▶ **WORK REQUEST**: From the entries that follow, copy each line containing the word "literal".

----------

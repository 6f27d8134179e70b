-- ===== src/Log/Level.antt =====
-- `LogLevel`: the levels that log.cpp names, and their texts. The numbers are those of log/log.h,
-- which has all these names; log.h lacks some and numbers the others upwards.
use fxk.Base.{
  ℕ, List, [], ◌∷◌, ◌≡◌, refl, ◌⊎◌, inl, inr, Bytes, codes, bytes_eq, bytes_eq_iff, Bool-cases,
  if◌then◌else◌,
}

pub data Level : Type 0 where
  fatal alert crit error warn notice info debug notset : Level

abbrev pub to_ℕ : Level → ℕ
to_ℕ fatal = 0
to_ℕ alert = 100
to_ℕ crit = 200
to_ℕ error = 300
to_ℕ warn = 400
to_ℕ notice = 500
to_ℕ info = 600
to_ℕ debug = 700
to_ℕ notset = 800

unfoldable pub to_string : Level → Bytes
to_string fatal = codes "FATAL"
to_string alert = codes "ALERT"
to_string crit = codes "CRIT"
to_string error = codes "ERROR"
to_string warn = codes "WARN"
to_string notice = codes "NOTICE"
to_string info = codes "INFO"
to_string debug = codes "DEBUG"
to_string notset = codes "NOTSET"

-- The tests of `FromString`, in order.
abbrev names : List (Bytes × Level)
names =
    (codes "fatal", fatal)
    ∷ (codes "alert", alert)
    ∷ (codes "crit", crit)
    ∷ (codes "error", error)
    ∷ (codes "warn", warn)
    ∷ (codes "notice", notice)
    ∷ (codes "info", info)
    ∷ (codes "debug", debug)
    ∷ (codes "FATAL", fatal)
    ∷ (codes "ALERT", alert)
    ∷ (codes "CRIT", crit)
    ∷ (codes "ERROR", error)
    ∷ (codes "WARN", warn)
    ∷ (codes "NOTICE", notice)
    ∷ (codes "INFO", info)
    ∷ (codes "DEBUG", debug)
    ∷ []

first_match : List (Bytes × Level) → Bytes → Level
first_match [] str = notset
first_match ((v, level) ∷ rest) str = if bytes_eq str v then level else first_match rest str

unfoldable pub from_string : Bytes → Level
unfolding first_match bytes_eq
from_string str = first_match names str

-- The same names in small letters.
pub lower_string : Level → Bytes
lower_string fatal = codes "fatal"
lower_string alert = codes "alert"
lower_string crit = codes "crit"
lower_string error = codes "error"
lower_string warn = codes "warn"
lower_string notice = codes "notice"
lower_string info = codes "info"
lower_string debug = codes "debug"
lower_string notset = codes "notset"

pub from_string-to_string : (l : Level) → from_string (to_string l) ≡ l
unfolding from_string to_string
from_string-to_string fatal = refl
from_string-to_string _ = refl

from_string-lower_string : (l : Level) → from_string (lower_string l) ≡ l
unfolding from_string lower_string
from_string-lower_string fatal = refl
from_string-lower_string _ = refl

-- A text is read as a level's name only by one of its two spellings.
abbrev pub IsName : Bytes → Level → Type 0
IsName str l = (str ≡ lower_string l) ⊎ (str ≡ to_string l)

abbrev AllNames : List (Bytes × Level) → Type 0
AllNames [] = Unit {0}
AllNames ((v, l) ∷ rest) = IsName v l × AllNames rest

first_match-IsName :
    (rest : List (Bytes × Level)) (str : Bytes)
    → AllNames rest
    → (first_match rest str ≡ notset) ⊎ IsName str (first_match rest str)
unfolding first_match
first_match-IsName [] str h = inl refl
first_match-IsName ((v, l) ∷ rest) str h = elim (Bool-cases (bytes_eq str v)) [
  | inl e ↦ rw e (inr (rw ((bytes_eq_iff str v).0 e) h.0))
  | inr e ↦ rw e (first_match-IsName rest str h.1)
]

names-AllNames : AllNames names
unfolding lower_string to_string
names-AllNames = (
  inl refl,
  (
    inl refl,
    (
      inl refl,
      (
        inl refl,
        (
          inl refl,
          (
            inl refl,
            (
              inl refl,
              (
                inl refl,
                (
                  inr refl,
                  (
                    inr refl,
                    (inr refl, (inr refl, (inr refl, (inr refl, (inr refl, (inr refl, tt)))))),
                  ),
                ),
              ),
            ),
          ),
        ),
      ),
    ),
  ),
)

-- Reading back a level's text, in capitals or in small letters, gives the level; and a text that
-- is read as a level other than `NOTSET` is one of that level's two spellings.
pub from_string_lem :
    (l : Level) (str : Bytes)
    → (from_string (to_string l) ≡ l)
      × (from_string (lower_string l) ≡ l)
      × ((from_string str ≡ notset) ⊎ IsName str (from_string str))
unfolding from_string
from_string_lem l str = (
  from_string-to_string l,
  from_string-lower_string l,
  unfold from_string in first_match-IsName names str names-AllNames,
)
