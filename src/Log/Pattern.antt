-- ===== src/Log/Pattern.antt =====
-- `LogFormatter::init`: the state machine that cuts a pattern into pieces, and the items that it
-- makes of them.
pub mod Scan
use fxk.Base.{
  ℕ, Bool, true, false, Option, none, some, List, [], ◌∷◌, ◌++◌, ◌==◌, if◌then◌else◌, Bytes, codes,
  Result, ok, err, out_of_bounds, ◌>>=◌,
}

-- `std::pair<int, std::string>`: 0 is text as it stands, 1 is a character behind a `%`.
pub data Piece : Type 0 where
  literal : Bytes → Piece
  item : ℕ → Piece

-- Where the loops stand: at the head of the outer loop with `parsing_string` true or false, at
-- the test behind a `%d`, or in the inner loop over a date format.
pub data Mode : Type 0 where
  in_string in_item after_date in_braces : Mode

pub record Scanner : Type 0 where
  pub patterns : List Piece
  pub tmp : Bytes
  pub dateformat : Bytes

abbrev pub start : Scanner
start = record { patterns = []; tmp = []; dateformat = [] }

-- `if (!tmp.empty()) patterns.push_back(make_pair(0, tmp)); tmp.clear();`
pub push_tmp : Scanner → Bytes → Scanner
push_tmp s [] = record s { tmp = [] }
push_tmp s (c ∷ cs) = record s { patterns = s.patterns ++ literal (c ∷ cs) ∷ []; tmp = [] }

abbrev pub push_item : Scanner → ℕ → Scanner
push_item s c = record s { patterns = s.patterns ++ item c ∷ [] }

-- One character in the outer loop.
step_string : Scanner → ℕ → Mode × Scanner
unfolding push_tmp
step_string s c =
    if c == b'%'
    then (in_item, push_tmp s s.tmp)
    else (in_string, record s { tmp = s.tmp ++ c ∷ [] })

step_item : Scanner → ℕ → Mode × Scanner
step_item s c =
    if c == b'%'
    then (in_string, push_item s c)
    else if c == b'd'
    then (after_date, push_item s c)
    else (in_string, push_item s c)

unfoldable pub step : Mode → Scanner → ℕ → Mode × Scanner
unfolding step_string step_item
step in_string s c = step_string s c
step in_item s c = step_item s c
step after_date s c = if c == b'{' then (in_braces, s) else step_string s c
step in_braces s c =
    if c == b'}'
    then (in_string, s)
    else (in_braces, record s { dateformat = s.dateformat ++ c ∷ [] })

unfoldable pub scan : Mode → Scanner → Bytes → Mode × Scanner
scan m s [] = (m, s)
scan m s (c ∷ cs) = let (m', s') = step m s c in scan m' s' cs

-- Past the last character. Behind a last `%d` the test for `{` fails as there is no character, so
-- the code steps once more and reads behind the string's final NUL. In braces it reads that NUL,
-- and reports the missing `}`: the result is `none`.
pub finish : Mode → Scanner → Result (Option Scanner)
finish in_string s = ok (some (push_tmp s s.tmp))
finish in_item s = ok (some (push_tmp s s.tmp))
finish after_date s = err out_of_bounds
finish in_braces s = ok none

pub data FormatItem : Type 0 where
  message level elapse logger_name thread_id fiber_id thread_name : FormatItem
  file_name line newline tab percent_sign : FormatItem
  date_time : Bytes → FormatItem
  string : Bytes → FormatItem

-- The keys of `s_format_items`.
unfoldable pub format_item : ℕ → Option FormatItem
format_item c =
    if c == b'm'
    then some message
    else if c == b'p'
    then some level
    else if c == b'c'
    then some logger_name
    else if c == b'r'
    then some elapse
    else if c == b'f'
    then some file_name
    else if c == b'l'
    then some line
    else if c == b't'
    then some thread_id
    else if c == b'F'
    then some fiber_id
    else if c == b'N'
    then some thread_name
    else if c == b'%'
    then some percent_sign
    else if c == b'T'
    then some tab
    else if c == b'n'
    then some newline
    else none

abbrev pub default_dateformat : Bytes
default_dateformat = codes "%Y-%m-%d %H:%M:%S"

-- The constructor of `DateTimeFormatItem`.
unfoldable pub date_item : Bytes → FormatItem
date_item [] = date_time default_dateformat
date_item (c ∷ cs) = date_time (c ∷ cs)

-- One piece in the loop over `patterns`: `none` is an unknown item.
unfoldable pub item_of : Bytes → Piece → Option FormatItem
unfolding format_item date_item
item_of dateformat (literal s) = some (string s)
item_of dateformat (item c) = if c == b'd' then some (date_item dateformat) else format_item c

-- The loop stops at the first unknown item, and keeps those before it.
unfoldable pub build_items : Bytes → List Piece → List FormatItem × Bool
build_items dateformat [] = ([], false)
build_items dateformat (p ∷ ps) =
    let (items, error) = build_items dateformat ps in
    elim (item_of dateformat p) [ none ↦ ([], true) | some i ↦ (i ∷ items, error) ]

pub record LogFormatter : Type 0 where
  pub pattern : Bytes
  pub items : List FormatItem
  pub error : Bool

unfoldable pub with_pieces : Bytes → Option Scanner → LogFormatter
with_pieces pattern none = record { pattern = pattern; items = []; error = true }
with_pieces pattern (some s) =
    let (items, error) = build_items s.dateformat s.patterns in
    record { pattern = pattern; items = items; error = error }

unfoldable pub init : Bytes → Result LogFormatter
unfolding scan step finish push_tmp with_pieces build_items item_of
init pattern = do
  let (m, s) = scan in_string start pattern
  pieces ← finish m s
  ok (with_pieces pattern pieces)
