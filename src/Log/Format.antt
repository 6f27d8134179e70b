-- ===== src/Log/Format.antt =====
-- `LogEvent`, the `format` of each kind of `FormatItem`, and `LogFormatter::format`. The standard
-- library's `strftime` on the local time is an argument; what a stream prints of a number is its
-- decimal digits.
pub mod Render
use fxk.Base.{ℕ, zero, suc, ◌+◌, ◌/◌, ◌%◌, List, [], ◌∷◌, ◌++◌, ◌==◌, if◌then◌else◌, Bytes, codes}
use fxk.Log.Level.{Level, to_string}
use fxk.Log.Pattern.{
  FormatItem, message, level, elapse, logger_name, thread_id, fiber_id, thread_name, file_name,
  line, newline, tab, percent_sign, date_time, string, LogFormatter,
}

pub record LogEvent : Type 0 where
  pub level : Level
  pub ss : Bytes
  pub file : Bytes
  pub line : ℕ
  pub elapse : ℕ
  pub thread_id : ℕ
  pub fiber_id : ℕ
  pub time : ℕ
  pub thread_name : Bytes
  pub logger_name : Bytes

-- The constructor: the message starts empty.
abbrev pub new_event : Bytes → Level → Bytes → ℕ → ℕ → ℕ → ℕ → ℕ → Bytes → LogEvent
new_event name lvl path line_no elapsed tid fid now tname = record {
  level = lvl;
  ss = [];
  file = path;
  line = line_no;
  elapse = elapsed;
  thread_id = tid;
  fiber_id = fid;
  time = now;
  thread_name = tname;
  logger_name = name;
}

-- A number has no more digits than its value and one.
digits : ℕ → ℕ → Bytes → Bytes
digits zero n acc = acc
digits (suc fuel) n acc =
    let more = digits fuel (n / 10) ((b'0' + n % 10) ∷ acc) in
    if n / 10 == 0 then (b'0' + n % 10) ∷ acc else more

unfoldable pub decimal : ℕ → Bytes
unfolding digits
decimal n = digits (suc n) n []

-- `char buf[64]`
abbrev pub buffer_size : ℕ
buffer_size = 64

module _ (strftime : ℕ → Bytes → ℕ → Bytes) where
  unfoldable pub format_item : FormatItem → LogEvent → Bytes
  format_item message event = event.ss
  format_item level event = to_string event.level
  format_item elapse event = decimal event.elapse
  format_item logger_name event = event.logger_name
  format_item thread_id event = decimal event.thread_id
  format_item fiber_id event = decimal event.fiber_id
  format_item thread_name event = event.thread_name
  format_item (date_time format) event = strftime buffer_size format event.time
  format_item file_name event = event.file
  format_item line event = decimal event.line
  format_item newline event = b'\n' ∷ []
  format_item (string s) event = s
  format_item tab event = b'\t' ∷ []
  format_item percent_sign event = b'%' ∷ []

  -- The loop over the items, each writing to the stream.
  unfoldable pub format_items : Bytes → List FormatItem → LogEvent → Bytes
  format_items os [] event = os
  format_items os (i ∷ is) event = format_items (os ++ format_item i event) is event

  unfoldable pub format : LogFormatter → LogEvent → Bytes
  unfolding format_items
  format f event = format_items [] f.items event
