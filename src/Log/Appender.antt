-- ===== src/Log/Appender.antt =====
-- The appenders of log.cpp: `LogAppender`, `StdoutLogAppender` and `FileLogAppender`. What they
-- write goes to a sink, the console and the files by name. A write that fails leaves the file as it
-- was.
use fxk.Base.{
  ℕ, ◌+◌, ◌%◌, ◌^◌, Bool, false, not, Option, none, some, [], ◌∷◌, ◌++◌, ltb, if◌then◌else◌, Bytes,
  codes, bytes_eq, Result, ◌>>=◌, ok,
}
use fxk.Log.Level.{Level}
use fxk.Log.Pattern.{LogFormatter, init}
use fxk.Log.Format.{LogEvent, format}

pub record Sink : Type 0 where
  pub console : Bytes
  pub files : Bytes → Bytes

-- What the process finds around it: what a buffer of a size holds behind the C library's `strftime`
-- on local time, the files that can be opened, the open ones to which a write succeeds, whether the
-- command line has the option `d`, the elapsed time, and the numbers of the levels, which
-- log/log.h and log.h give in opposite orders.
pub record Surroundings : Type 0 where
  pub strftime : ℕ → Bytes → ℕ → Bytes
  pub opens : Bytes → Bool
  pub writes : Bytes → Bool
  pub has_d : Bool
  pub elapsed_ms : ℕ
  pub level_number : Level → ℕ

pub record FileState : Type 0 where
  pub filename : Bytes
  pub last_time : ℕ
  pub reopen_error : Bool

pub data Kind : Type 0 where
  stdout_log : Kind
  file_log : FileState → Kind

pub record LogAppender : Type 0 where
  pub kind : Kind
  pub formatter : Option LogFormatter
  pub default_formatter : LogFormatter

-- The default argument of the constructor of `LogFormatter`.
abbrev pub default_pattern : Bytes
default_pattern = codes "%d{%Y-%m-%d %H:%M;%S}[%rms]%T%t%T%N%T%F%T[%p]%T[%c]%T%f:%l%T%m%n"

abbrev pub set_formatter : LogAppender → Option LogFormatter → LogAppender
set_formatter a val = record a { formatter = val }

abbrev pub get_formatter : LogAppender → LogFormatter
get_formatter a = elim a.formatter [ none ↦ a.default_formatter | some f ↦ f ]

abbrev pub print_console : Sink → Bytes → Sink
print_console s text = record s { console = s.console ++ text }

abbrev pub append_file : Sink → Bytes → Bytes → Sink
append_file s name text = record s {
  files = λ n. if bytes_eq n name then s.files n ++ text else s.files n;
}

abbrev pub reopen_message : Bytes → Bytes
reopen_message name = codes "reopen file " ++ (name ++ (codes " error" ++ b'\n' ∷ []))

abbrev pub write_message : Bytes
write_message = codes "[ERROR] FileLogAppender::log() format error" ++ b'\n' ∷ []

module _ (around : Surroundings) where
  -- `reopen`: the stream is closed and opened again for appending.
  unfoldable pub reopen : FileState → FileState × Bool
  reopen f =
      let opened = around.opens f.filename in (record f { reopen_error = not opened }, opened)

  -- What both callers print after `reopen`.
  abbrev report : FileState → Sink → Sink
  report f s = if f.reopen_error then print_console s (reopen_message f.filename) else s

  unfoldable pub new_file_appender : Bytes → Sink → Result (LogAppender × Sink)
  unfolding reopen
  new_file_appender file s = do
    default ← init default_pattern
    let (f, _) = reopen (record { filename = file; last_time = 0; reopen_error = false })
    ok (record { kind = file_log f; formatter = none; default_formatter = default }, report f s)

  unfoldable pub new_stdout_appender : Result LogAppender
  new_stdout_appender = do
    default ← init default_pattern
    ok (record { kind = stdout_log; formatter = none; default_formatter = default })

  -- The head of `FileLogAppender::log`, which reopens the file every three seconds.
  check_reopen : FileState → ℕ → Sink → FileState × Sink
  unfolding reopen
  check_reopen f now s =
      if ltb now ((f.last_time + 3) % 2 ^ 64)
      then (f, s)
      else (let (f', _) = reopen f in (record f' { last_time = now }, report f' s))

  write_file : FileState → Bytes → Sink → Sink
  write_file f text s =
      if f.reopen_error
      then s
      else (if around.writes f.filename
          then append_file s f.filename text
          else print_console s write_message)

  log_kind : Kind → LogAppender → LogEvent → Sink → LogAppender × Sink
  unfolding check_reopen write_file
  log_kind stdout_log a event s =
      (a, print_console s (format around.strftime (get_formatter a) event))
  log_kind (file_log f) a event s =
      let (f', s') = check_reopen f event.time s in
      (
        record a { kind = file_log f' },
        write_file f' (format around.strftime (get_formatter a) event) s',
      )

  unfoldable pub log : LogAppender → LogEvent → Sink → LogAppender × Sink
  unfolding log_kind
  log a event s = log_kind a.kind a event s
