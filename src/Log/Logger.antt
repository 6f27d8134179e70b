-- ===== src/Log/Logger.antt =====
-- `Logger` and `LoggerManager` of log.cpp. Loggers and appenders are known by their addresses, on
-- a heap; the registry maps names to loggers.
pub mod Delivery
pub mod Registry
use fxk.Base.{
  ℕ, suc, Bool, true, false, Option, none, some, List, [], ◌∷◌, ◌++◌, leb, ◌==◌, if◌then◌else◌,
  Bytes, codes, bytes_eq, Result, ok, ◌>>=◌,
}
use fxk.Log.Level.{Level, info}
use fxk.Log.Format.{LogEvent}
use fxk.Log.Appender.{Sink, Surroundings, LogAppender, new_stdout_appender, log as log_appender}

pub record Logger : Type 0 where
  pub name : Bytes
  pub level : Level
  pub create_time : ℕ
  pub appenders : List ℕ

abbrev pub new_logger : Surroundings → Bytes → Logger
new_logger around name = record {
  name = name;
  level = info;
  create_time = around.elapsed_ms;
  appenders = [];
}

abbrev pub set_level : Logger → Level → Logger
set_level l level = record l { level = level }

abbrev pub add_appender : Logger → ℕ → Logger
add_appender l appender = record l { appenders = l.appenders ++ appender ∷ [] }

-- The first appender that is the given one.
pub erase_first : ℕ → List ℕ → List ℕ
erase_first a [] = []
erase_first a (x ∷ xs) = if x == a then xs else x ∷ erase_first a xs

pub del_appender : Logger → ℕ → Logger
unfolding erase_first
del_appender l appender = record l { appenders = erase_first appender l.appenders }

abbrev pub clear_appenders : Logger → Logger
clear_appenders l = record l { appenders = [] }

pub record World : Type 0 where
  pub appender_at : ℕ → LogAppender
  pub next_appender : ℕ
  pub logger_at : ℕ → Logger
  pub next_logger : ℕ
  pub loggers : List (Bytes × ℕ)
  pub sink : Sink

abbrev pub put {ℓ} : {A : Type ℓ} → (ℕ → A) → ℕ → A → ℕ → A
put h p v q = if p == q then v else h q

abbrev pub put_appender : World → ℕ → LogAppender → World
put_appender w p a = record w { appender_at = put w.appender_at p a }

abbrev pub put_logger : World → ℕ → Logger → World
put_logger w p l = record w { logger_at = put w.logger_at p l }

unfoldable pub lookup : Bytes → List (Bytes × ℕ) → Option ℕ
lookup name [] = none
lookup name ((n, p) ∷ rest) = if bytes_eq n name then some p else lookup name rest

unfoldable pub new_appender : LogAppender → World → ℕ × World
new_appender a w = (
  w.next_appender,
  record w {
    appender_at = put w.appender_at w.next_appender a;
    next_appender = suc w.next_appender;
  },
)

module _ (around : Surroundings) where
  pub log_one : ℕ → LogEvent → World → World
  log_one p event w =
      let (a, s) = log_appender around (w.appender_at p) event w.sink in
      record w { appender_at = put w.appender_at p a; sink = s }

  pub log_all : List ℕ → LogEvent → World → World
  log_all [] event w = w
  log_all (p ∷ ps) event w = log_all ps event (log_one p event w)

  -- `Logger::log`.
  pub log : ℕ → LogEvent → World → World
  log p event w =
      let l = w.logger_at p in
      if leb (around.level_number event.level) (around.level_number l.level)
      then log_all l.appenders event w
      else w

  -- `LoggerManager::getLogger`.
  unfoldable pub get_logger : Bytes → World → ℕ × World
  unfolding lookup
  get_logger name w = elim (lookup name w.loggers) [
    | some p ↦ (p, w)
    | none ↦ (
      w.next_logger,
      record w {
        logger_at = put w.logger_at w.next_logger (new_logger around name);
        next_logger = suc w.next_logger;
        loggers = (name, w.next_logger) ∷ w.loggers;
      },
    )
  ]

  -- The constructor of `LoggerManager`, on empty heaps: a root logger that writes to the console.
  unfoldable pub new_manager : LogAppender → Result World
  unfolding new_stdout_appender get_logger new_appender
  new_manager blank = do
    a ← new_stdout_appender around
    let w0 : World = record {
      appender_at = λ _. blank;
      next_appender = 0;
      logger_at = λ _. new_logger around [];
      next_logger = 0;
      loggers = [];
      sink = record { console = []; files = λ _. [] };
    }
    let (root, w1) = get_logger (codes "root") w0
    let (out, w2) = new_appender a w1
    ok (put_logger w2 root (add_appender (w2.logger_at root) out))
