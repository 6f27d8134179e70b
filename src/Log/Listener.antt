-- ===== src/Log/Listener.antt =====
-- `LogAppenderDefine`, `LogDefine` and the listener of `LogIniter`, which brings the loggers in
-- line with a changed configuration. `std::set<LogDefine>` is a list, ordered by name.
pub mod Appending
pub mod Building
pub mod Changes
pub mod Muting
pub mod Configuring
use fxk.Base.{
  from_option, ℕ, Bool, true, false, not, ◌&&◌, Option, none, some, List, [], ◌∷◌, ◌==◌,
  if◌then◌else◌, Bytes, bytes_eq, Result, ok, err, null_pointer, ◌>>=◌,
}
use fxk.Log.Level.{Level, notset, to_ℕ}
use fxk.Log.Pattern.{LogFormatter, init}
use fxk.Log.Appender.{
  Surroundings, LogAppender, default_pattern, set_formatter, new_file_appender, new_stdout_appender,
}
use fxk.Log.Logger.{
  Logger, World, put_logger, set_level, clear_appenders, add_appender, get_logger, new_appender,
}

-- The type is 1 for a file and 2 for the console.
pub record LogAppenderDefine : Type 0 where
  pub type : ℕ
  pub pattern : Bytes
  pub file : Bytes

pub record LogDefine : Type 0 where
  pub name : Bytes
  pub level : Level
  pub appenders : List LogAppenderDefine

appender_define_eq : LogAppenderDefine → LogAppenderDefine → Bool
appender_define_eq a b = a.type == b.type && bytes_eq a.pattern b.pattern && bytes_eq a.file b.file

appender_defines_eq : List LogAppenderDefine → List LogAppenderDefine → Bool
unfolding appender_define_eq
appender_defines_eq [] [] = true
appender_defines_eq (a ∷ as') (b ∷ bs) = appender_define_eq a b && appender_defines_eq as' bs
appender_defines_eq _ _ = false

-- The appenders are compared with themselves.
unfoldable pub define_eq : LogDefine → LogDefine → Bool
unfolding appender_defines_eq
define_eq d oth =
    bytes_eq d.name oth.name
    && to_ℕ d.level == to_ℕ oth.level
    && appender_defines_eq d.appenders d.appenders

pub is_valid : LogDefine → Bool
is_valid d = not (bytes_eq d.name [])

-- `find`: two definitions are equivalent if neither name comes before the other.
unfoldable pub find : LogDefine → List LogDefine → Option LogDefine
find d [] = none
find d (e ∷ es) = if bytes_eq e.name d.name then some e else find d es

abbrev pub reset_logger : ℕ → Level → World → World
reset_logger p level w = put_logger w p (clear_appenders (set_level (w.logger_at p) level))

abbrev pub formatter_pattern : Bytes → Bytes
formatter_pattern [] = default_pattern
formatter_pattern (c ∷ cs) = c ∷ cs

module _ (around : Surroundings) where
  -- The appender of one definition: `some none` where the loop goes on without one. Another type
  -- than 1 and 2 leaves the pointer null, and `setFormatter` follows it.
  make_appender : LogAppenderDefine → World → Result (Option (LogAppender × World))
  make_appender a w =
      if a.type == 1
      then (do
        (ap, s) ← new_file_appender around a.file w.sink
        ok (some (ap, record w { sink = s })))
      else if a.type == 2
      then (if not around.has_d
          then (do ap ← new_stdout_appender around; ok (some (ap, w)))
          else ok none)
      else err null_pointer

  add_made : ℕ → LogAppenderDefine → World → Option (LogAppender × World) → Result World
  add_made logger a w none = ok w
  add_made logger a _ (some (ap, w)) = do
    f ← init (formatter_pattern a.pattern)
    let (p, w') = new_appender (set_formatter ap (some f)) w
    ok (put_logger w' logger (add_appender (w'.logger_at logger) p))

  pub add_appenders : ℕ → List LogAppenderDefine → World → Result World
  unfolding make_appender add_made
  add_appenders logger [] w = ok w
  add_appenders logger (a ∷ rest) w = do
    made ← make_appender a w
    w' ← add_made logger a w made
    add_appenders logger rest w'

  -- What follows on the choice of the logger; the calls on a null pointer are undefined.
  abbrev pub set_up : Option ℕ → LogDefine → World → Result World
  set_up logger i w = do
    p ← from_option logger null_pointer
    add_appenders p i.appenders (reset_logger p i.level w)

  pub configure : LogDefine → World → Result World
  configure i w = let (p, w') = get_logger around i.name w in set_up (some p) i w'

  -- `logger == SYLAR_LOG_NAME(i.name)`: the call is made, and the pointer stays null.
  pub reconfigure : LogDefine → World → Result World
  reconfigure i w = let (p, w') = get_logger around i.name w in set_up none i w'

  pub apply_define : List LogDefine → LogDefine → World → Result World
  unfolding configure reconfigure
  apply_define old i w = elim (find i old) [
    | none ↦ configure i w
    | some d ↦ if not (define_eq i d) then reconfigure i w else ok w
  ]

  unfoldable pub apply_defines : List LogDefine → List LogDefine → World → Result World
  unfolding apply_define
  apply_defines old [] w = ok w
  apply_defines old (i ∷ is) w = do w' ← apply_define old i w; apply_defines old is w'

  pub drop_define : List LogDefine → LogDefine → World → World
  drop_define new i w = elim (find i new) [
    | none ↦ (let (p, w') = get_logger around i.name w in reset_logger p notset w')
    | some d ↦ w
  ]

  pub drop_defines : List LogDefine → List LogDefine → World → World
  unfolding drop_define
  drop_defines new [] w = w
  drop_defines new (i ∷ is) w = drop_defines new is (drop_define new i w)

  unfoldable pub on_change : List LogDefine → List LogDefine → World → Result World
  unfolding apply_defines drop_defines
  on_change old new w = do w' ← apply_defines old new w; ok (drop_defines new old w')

----------

▶ **RESPONSE BELOW**:
  literal : Bytes → Piece
push_tmp s (c ∷ cs) = record s { patterns = s.patterns ++ literal (c ∷ cs) ∷ []; tmp = [] }
item_of dateformat (literal s) = some (string s)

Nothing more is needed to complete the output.